*What you should do:* Your task is to print all of the data word for word.

======== Data section

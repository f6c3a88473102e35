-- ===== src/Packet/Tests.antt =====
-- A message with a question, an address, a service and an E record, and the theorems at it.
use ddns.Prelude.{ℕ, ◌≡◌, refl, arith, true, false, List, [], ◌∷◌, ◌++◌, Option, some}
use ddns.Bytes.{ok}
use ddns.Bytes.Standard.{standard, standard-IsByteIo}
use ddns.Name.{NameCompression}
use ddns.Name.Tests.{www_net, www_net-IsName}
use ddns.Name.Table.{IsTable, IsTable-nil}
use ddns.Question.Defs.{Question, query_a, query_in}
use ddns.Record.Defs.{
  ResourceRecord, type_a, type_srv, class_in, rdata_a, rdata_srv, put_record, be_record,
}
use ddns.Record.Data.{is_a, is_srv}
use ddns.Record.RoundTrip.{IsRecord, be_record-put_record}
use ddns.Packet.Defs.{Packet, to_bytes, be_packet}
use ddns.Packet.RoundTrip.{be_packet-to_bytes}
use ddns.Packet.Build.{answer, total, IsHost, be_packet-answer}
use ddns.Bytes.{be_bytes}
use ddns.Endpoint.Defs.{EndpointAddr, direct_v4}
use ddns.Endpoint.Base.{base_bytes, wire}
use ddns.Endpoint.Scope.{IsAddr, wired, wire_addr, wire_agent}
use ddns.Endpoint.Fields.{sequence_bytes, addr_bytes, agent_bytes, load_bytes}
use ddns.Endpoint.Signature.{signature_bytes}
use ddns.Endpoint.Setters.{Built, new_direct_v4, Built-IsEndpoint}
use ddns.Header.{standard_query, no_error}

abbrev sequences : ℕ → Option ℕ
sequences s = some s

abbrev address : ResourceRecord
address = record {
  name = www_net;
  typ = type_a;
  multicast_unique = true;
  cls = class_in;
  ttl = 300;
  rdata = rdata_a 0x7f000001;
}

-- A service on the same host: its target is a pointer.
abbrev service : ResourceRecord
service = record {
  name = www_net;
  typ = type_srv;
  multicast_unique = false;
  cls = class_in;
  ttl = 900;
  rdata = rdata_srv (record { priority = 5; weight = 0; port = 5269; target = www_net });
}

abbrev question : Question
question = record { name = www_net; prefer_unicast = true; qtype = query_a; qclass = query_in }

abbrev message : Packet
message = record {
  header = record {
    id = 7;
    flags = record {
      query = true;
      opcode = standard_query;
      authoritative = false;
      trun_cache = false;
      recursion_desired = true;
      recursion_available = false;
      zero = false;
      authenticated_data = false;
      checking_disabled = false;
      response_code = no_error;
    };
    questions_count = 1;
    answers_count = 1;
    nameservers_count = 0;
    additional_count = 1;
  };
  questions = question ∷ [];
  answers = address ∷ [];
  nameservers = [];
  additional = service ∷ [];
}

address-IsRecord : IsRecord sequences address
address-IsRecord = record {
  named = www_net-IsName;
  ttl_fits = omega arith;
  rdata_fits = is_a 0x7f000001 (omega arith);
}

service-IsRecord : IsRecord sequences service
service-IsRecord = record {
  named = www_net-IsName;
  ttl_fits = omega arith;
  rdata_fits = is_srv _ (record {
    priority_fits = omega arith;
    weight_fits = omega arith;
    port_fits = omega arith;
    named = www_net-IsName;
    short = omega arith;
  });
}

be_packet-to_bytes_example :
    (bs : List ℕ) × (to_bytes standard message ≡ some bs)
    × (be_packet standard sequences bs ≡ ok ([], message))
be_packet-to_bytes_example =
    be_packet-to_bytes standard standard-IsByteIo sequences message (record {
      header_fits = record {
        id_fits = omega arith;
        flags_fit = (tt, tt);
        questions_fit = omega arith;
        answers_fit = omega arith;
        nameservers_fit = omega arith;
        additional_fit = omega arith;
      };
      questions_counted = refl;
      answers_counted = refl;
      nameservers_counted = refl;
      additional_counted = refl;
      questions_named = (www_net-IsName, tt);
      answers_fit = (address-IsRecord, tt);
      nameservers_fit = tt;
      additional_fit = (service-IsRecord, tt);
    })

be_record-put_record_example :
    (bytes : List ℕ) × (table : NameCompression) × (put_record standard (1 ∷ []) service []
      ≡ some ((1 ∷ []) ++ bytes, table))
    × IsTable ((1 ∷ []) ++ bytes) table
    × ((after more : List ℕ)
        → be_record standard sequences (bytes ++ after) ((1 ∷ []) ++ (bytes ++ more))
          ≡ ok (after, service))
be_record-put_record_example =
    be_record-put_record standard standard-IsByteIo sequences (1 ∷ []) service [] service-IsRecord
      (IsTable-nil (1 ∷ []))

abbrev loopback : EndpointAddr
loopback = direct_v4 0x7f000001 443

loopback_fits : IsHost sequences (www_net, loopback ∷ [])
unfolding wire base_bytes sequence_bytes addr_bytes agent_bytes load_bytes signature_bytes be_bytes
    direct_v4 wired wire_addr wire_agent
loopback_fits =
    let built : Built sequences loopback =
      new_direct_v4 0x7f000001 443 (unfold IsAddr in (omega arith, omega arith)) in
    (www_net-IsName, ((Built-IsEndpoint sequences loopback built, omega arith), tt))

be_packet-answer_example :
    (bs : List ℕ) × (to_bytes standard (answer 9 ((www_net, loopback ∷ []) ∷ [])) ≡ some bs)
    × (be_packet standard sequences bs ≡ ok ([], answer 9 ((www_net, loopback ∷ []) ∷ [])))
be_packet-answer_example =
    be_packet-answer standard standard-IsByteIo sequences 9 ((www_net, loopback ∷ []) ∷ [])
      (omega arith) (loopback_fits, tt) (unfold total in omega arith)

================

*Your response:*
repository f6c3a88473102e35
-- ===== src/Packet/Tests.antt =====
-- A message with a question, an address, a service and an E record, and the theorems at it.
use ddns.Prelude.{ℕ, ◌≡◌, refl, arith, true, false, List, [], ◌∷◌, ◌++◌, Option, some}
use ddns.Bytes.{ok}
use ddns.Bytes.Standard.{standard, standard-IsByteIo}
use ddns.Name.{NameCompression}
use ddns.Name.Tests.{www_net, www_net-IsName}
use ddns.Name.Table.{IsTable, IsTable-nil}
use ddns.Question.Defs.{Question, query_a, query_in}
use ddns.Record.Defs.{
  ResourceRecord, type_a, type_srv, class_in, rdata_a, rdata_srv, put_record, be_record,
}
use ddns.Record.Data.{is_a, is_srv}
use ddns.Record.RoundTrip.{IsRecord, be_record-put_record}
use ddns.Packet.Defs.{Packet, to_bytes, be_packet}
use ddns.Packet.RoundTrip.{be_packet-to_bytes}
use ddns.Packet.Build.{answer, total, IsHost, be_packet-answer}
use ddns.Bytes.{be_bytes}
use ddns.Endpoint.Defs.{EndpointAddr, direct_v4}
use ddns.Endpoint.Base.{base_bytes, wire}
use ddns.Endpoint.Scope.{IsAddr, wired, wire_addr, wire_agent}
use ddns.Endpoint.Fields.{sequence_bytes, addr_bytes, agent_bytes, load_bytes}
use ddns.Endpoint.Signature.{signature_bytes}
use ddns.Endpoint.Setters.{Built, new_direct_v4, Built-IsEndpoint}
use ddns.Header.{standard_query, no_error}

abbrev sequences : ℕ → Option ℕ
sequences s = some s

abbrev address : ResourceRecord
address = record {
  name = www_net;
  typ = type_a;
  multicast_unique = true;
  cls = class_in;
  ttl = 300;
  rdata = rdata_a 0x7f000001;
}

-- A service on the same host: its target is a pointer.
abbrev service : ResourceRecord
service = record {
  name = www_net;
  typ = type_srv;
  multicast_unique = false;
  cls = class_in;
  ttl = 900;
  rdata = rdata_srv (record { priority = 5; weight = 0; port = 5269; target = www_net });
}

abbrev question : Question
question = record { name = www_net; prefer_unicast = true; qtype = query_a; qclass = query_in }

abbrev message : Packet
message = record {
  header = record {
    id = 7;
    flags = record {
      query = true;
      opcode = standard_query;
      authoritative = false;
      trun_cache = false;
      recursion_desired = true;
      recursion_available = false;
      zero = false;
      authenticated_data = false;
      checking_disabled = false;
      response_code = no_error;
    };
    questions_count = 1;
    answers_count = 1;
    nameservers_count = 0;
    additional_count = 1;
  };
  questions = question ∷ [];
  answers = address ∷ [];
  nameservers = [];
  additional = service ∷ [];
}

address-IsRecord : IsRecord sequences address
address-IsRecord = record {
  named = www_net-IsName;
  ttl_fits = omega arith;
  rdata_fits = is_a 0x7f000001 (omega arith);
}

service-IsRecord : IsRecord sequences service
service-IsRecord = record {
  named = www_net-IsName;
  ttl_fits = omega arith;
  rdata_fits = is_srv _ (record {
    priority_fits = omega arith;
    weight_fits = omega arith;
    port_fits = omega arith;
    named = www_net-IsName;
    short = omega arith;
  });
}

be_packet-to_bytes_example :
    (bs : List ℕ) × (to_bytes standard message ≡ some bs)
    × (be_packet standard sequences bs ≡ ok ([], message))
be_packet-to_bytes_example =
    be_packet-to_bytes standard standard-IsByteIo sequences message (record {
      header_fits = record {
        id_fits = omega arith;
        flags_fit = (tt, tt);
        questions_fit = omega arith;
        answers_fit = omega arith;
        nameservers_fit = omega arith;
        additional_fit = omega arith;
      };
      questions_counted = refl;
      answers_counted = refl;
      nameservers_counted = refl;
      additional_counted = refl;
      questions_named = (www_net-IsName, tt);
      answers_fit = (address-IsRecord, tt);
      nameservers_fit = tt;
      additional_fit = (service-IsRecord, tt);
    })

be_record-put_record_example :
    (bytes : List ℕ) × (table : NameCompression) × (put_record standard (1 ∷ []) service []
      ≡ some ((1 ∷ []) ++ bytes, table))
    × IsTable ((1 ∷ []) ++ bytes) table
    × ((after more : List ℕ)
        → be_record standard sequences (bytes ++ after) ((1 ∷ []) ++ (bytes ++ more))
          ≡ ok (after, service))
be_record-put_record_example =
    be_record-put_record standard standard-IsByteIo sequences (1 ∷ []) service [] service-IsRecord
      (IsTable-nil (1 ∷ []))

abbrev loopback : EndpointAddr
loopback = direct_v4 0x7f000001 443

loopback_fits : IsHost sequences (www_net, loopback ∷ [])
unfolding wire base_bytes sequence_bytes addr_bytes agent_bytes load_bytes signature_bytes be_bytes
    direct_v4 wired wire_addr wire_agent
loopback_fits =
    let built : Built sequences loopback =
      new_direct_v4 0x7f000001 443 (unfold IsAddr in (omega arith, omega arith)) in
    (www_net-IsName, ((Built-IsEndpoint sequences loopback built, omega arith), tt))

be_packet-answer_example :
    (bs : List ℕ) × (to_bytes standard (answer 9 ((www_net, loopback ∷ []) ∷ [])) ≡ some bs)
    × (be_packet standard sequences bs ≡ ok ([], answer 9 ((www_net, loopback ∷ []) ∷ [])))
be_packet-answer_example =
    be_packet-answer standard standard-IsByteIo sequences 9 ((www_net, loopback ∷ []) ∷ [])
      (omega arith) (loopback_fits, tt) (unfold total in omega arith)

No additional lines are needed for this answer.